Don’t worry if it’s not clear now, we’ll see some examples and then you can come back to review the steps

Awesome, but what is a join condition? As with filters we usually don’t want to join every T1 row with every T2 row, instead we want to use some logic, for example, take the "Track" table, we may want to create a table with the name of the track and the name of it’s genre. If you check the "Track" table you’ll see that we have no genre name column, but we do have a "GenreId" column and a "Genre" table with a "Name" column. That’s a perfect situation where we can use a JOIN statement, by joining track rows with the a specific genre row we can achieve the result we’re looking for, this condition can be translated to a query like:

select
    "Track"."Name",
    "Genre"."Name"
from "Track"
inner join "Genre" on "Genre"."GenreId" = "Track"."GenreId"

All JOIN clauses are used after the FROM and before the WHERE clause

We don’t have to use the table.column notation if the column name is unique but it’s still good practice

For every "Track" row we are joining a corresponding "Genre" row that uses the same "GenreId". Because multiple "Track" rows have the same "GenreId" value, we’ll be repeating the same "Genre" row for many "Track" rows, this makes sense as the relation between "Track" and "Genre" is many-to-one (many tracks share the same genre).

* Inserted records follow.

-- ===== src/Conformance/Test.antt =====
-- cmd/conformance/main.go: the two runs of a playbook, and their comparison.
use sophons.Base.{none, some, [], ◌∷◌, ◌++◌, if◌then◌else◌}
use sophons.Base.Text.{codes}
use sophons.Base.Action.{message, raise, ◌>>=◌, ◌>>◌}
use sophons.Dialer.{is_text, deferred}
use sophons.Conformance.Harness.{
  Text, Tools, Run, run_command, container_cleanup, start_container, setup_known_hosts,
}

module _ {W : Type 0} (tools : Tools W) (image : Text) where
  -- case "sophons"
  unfoldable pub run_sophons : Text → Text → Text → Text → Run tools (Unit {0})
  run_sophons key playbook known_hosts port = run_command tools none (
      codes "./bin/dialer"
      ∷ codes "-p"
      ∷ port
      ∷ codes "-b"
      ∷ codes "bin/"
      ∷ codes "-i"
      ∷ codes "data/inventory-testing.yaml"
      ∷ codes "-k"
      ∷ key
      ∷ codes "-u"
      ∷ codes "root"
      ∷ codes "--known-hosts"
      ∷ known_hosts
      ∷ playbook
      ∷ [])

  -- case "ansible"
  unfoldable pub run_ansible : Text → Text → Text → Text → Text → Run tools (Unit {0})
  run_ansible dir key playbook known_hosts port = do
    tools.mkdir (tools.join dir (codes "ansible-cp"))
    run_command tools
        (some (codes "ANSIBLE_SSH_CONTROL_PATH_DIR", tools.join dir (codes "ansible-cp")))
        (codes "ansible-playbook"
          ∷ codes "--key-file"
          ∷ key
          ∷ codes "-u"
          ∷ codes "root"
          ∷ codes "-i"
          ∷ codes "data/inventory-testing.yaml"
          ∷ (codes "--ssh-common-args=-p "
              ++ port
              ++ codes " -o UserKnownHostsFile="
              ++ known_hosts)
          ∷ playbook
          ∷ [])

  unfoldable pub run_mode : Text → Text → Text → Text → Text → Text → Run tools (Unit {0})
  unfolding run_sophons run_ansible
  run_mode dir key playbook mode known_hosts port =
      if is_text mode "sophons"
      then run_sophons key playbook known_hosts port
      else if is_text mode "ansible"
      then run_ansible dir key playbook known_hosts port
      else raise (message "unknown mode")

  -- What runPlaybook does in the container.
  unfoldable pub run_in_container :
      Text → Text → Text → Text → Text → Text → Text → Run tools (Unit {0})
  unfolding run_mode
  run_in_container sha dir key playbook tar mode port = do
    setup_known_hosts tools (tools.join dir (codes "known_hosts")) port
    run_command tools none (
        codes "docker"
        ∷ codes "cp"
        ∷ (key ++ codes ".pub")
        ∷ (sha ++ codes ":/root/.ssh/authorized_keys")
        ∷ [])
    run_command tools none (
        codes "docker"
        ∷ codes "exec"
        ∷ sha
        ∷ codes "chown"
        ∷ codes "root:root"
        ∷ codes "/root/.ssh/authorized_keys"
        ∷ [])
    run_mode dir key playbook mode (tools.join dir (codes "known_hosts")) port
    run_command tools none (codes "docker" ∷ codes "export" ∷ codes "-o" ∷ tar ∷ sha ∷ [])

  unfoldable pub run_playbook : Text → Text → Text → Text → Text → Text → Run tools (Unit {0})
  unfolding run_in_container deferred
  run_playbook dir key playbook tar mode port = do
    sha ← start_container tools image port
    deferred (run_in_container sha dir key playbook tar mode port) (container_cleanup tools sha)

  -- What runConformanceTest does once it has its directory.
  unfoldable pub test_in : Text → Text → Text → Run tools (Unit {0})
  unfolding run_playbook
  test_in dir port playbook = do
    let key = tools.join dir (codes "testing")
    run_command tools none (codes "ssh-keygen" ∷ codes "-f" ∷ key ∷ codes "-N" ∷ [] ∷ [])
    run_playbook dir key playbook (tools.join dir (codes "sophons.tar")) (codes "sophons") port
    run_playbook dir key playbook (tools.join dir (codes "ansible.tar")) (codes "ansible") port
    run_command tools none (
        codes "./bin/tardiff"
        ∷ tools.join dir (codes "ansible.tar")
        ∷ tools.join dir (codes "sophons.tar")
        ∷ [])

  unfoldable pub run_conformance_test : Text → Text → Run tools (Unit {0})
  unfolding test_in
  run_conformance_test port playbook = do
    dir ← tools.mkdir_temp
    deferred (test_in dir port playbook) (tools.remove_all dir)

Let’s pause a little bit on the structure of the clause:

  • inner join "Genre" tells PostgreSQL that we want to join the "Track" table with the "Genre" table, the algorithm we’ll use is an INNER JOIN

  • on "Genre"."GenreId" = "Track"."GenreId" this is the join condition, it tells PostgreSQL to only join "Track" rows with "Genre" rows where their respective "GenreId" value is equal

This structure is practically the same for any type of JOIN

Inner join with missing rows

The previous example is a perfect join because for each track row we have a genre row, but that’s not always the case. For example not every "Employee" was able to sell to a "Customer", following the algorithm we know that if an employee cannot join a customer then it won’t be included in the result set:

select
    concat_ws(' ', e."FirstName", e."LastName") "Employee",
    concat_ws(' ', c."FirstName", c."LastName") "Customer"
from "Employee" e
join "Customer" c on c."SupportRepId" = e."EmployeeId"

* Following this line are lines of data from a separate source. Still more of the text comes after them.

-- ===== src/Copy.antt =====
-- pkg/exec/copy.go: the task `copy`. Its result is CopyResult{} in every case.
pub mod Laws
use sophons.Base.{
  ℕ, String, str_eq, Bool, true, false, not, ◌&&◌, List, [], ◌∷◌, ◌==◌, Option, none, some,
  if◌then◌else◌,
}
use sophons.Base.Text.{codes}
use sophons.Base.Action.{
  Error, message, is_exist, is_not_exist, Outcome, ok, err, panic, Action, wrapping, read, raise,
  pure, each, ◌>>=◌, ◌>>◌,
}
use sophons.Result.{CommonResult, empty_result}
use sophons.Os.{Os, FileInfo}

-- proto.Copy: the parameters that the task reads.
pub record Copy : Type 0 where
  pub src : String
  pub dest : String
  pub content : String
  pub remote_src : Bool

-- What filepath.WalkDir hands to its callback.
pub record CopyEntry : Type 0 where
  pub path : String
  pub is_dir : Bool
  pub error : Option Error

-- Functions of path/filepath, and os.Open.
pub record Paths (W : Type 0) : Type 0 where
  pub join : String → String → String
  pub base : String → String
  pub rel : String → String → Outcome String
  pub is_abs : String → Bool
  pub walk : String → W → List CopyEntry
  pub open_file : String → W → Outcome (Unit {0})

-- strings.HasSuffix(s, "/")
unfoldable pub ends_with_slash : List ℕ → Bool
ends_with_slash [] = false
ends_with_slash (c ∷ []) = c == b'/'
ends_with_slash (c ∷ d ∷ s) = ends_with_slash (d ∷ s)

abbrev pub has_slash : String → Bool
has_slash s = ends_with_slash (codes s)

-- An error of Mkdir, but for fs.ErrExist.
abbrev pub unless_exist : Outcome (Unit {0}) → Outcome (Unit {0})
unless_exist (ok u) = ok u
unless_exist (err e) = if is_exist e then ok tt else err e
unless_exist panic = panic

-- Whether the destination is a directory; one that does not exist is none.
abbrev pub dest_is_dir : Outcome FileInfo → Outcome Bool
dest_is_dir (ok info) = ok info.is_dir
dest_is_dir (err e) = if is_not_exist e then ok false else err e
dest_is_dir panic = panic

module _ (os : Os) (paths : Paths os.World) where
  abbrev pub Run : Type 0 → Type 0
  Run A = Action os.World A

  unfoldable pub validate : Copy → Outcome (Unit {0})
  validate c =
      if paths.is_abs c.src && not c.remote_src
      then err (message "copying from an absolute path without remote_src is not supported")
      else if str_eq c.src "" && str_eq c.content ""
      then err (message "either src or content need to be specified")
      else if not (str_eq c.src "") && not (str_eq c.content "")
      then err (message "src and content can't both be specified")
      else if not (str_eq c.content "") && has_slash c.dest
      then err (message "can't use content when dest is a directory")
      else if str_eq c.dest ""
      then err (message "dest is required")
      else ok tt

  unfoldable pub copy_single_file : String → String → Run (Unit {0})
  copy_single_file src dst = do
    wrapping "failed to open for reading" (read (paths.open_file src))
    wrapping "failed to open for writing" (os.create dst)
    wrapping "failed to copy" (os.copy_file src dst)

  -- dstDir
  unfoldable pub dst_dir : Copy → String → String
  unfolding ends_with_slash
  dst_dir c actual_src =
      if has_slash actual_src then c.dest else paths.join c.dest (paths.base c.src)

  -- The callback of WalkDir.
  unfoldable pub copy_entry : String → String → CopyEntry → Run (Unit {0})
  unfolding copy_single_file
  copy_entry actual_src dst entry = elim entry.error [
    | some e ↦ raise e
    | none ↦ (do
      rel ← read (λ w. paths.rel actual_src entry.path)
      if entry.is_dir
          then os.mkdir_all (paths.join dst rel) 0o777
          else copy_single_file entry.path (paths.join dst rel))
  ]

  unfoldable pub copy_dir : Copy → String → Run (Unit {0})
  unfolding dst_dir copy_entry each
  copy_dir c actual_src = do
    wrapping "failed to create destination directory" (os.mkdir_all (dst_dir c actual_src) 0o777)
    entries ← read (λ w. ok (paths.walk actual_src w))
    each (copy_entry actual_src (dst_dir c actual_src)) entries

  abbrev tolerant : Run (Unit {0}) → Run (Unit {0})
  tolerant m w = let (r, w') = m w in (unless_exist r, w')

  unfoldable pub copy_file : Copy → String → Run (Unit {0})
  unfolding copy_single_file
  copy_file c actual_src =
      if has_slash c.dest
      then (do
        tolerant (os.mkdir c.dest 0o777)
        copy_single_file actual_src (paths.join c.dest c.src))
      else (do
        is_dir ← read (λ w. dest_is_dir (os.stat c.dest w))
        copy_single_file actual_src (if is_dir then paths.join c.dest c.src else c.dest))

  abbrev pub src_path : Copy → String → String
  src_path c parent = paths.join (paths.join parent "files") c.src

  unfoldable pub apply : Copy → String → Run CommonResult
  unfolding copy_dir copy_file
  apply c parent =
      if not (str_eq c.content "")
      then (do
        wrapping "failed to write content" (os.write_file c.dest c.content 0o666)
        pure empty_result)
      else (do
        info ← wrapping "failed to read" (read (os.stat (src_path c parent)))
        wrapping "failed to copy" (
            if info.is_dir then copy_dir c (src_path c parent) else copy_file c (src_path c parent))
        pure empty_result)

When using multiple tables, it’s a good idea to rename the table names to an alias to improve query writeup and readability

If you checked the employees that appears in the previous example you’ll see it does not include every employee from the "Employee" table. It’s more evident if we count the individual distinct employees:

select distinct concat_ws(' ', e."FirstName", e."LastName") "Employee"
from "Employee" e
inner join "Customer" c on c."SupportRepId" = e."EmployeeId"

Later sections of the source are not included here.